◆ **Task requirements**
Using the records below, filter out every line that lacks "recoveries" and copy the rest.

• • • • •

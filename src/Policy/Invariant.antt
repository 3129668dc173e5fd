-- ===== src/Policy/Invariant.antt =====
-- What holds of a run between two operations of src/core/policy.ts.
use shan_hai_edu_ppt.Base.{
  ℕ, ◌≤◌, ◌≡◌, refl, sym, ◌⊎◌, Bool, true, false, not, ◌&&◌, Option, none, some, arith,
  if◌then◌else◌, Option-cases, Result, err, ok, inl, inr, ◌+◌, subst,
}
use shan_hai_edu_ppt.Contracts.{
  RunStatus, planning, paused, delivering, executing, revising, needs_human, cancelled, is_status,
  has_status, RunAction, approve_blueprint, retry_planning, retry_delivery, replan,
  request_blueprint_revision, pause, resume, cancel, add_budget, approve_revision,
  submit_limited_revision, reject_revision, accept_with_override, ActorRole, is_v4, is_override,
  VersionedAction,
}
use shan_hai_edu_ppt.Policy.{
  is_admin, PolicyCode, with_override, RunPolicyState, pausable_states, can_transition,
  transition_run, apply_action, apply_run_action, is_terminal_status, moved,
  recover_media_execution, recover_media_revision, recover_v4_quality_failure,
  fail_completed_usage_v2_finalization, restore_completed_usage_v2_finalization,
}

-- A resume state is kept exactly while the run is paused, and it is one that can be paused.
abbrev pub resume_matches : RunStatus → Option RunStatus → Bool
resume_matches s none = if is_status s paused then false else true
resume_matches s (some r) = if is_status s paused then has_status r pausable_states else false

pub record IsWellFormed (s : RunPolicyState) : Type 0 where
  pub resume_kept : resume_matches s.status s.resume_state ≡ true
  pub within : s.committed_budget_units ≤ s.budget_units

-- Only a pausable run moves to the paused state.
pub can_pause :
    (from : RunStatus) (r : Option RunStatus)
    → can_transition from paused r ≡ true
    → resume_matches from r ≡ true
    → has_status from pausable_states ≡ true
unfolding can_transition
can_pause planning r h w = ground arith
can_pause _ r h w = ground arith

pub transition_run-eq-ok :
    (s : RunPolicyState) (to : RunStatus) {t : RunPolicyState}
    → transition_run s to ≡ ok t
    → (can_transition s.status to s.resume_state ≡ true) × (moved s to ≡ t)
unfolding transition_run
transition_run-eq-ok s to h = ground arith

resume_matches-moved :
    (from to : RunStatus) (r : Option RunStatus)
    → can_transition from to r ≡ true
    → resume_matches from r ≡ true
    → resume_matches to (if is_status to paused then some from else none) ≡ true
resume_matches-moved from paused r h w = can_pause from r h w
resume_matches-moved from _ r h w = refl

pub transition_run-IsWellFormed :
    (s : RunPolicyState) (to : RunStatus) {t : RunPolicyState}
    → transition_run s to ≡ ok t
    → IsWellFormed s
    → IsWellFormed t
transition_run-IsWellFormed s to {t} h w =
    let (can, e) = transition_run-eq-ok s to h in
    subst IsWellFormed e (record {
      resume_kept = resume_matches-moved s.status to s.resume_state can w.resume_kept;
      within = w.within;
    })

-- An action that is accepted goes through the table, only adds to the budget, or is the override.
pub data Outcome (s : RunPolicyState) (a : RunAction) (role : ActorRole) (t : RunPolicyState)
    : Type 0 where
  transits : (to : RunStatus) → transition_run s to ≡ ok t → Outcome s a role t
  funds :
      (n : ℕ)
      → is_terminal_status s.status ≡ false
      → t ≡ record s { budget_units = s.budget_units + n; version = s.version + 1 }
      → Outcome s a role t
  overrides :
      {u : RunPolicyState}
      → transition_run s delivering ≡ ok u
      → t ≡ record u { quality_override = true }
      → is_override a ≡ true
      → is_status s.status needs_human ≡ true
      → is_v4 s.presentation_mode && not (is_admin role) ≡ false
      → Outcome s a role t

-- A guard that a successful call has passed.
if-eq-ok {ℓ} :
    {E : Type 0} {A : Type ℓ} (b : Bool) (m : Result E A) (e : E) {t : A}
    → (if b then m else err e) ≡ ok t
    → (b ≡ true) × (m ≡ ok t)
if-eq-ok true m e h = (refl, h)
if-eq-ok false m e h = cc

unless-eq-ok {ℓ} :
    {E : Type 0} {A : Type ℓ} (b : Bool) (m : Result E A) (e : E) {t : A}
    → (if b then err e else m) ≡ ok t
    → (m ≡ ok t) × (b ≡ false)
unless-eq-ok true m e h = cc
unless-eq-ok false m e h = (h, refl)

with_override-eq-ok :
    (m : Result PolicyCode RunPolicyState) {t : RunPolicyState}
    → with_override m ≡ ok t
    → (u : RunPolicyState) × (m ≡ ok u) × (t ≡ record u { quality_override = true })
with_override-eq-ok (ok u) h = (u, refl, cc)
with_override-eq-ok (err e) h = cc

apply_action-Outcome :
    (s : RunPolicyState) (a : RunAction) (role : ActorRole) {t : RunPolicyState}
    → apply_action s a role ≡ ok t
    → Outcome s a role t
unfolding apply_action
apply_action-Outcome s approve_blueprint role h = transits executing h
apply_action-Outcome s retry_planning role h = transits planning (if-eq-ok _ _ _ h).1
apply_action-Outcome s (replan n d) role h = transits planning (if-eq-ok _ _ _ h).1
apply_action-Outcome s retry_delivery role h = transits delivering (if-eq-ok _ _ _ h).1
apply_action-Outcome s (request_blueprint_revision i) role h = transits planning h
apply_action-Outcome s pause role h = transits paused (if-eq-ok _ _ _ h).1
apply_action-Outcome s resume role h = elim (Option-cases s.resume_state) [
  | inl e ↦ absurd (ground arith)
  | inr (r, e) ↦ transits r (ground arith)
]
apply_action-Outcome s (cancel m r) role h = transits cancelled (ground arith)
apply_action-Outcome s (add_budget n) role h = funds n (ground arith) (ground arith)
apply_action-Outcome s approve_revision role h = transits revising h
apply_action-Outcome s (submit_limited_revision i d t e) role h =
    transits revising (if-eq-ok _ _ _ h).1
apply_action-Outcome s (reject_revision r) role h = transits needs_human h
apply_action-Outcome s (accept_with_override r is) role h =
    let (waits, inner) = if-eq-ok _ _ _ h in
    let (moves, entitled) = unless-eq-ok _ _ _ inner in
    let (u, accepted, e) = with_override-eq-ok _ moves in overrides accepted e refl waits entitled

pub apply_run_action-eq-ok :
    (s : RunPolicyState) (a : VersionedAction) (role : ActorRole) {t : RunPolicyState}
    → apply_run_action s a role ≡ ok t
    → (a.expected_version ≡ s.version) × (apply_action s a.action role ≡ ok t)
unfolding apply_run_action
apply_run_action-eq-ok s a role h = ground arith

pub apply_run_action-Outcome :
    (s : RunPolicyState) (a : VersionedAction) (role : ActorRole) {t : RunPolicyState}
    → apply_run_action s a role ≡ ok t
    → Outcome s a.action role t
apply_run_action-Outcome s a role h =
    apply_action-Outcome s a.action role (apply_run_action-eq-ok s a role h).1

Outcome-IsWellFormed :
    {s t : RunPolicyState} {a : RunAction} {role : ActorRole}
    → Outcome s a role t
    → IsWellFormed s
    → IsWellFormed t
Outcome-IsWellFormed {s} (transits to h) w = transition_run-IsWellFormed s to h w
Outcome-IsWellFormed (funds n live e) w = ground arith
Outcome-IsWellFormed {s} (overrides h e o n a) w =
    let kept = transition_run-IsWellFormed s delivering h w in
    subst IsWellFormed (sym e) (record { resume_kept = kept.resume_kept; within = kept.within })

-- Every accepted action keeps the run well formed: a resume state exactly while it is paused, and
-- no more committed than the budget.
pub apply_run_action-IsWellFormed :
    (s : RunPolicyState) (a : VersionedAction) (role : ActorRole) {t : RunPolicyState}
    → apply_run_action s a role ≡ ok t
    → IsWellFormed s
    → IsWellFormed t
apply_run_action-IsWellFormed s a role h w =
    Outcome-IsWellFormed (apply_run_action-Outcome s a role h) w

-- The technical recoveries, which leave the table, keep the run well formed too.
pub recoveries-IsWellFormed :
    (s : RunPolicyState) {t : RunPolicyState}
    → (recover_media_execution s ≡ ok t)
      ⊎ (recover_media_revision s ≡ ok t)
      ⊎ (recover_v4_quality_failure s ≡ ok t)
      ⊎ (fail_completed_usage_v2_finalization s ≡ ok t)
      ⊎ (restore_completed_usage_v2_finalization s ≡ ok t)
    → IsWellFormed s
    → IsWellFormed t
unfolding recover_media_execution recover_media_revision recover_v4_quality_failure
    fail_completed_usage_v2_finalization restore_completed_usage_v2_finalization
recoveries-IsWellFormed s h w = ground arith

• • • • •

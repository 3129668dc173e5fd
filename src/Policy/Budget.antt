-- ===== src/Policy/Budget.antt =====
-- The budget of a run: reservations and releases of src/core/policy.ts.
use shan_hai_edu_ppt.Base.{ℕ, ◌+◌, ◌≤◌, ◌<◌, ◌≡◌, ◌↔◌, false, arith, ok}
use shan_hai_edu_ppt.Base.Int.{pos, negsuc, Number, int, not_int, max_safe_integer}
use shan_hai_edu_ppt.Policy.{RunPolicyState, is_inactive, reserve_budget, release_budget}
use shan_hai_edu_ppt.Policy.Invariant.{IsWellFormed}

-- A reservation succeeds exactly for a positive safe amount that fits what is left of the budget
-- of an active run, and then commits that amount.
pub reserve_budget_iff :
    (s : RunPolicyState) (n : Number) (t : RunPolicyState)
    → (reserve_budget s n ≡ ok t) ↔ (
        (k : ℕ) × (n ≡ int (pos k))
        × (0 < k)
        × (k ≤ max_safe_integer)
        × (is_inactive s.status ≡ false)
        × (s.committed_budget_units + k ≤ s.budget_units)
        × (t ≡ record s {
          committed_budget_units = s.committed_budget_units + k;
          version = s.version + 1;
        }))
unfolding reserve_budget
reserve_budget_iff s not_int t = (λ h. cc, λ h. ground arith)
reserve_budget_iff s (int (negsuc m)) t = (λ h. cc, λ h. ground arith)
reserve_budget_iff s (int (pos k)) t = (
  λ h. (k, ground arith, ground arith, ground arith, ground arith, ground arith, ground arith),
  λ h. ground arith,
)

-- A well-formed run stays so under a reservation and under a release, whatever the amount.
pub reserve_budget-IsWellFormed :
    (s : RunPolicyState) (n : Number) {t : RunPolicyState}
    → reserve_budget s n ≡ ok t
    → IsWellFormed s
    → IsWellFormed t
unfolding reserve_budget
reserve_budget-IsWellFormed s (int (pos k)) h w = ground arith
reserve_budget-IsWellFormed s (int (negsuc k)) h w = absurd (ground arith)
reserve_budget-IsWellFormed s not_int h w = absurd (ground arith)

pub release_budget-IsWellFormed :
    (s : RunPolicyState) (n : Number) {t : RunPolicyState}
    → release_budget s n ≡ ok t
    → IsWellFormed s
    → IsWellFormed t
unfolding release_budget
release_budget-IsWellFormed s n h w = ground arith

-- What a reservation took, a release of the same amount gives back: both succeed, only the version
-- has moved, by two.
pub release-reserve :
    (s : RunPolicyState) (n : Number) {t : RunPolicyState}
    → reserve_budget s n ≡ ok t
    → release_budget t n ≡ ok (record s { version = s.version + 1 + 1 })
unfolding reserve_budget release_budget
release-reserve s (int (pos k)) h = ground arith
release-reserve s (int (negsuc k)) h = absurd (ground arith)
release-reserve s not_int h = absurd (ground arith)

• • • • •

◆ **The answer**
-- The technical recoveries, which leave the table, keep the run well formed too.
pub recoveries-IsWellFormed :
recoveries-IsWellFormed s h w = ground arith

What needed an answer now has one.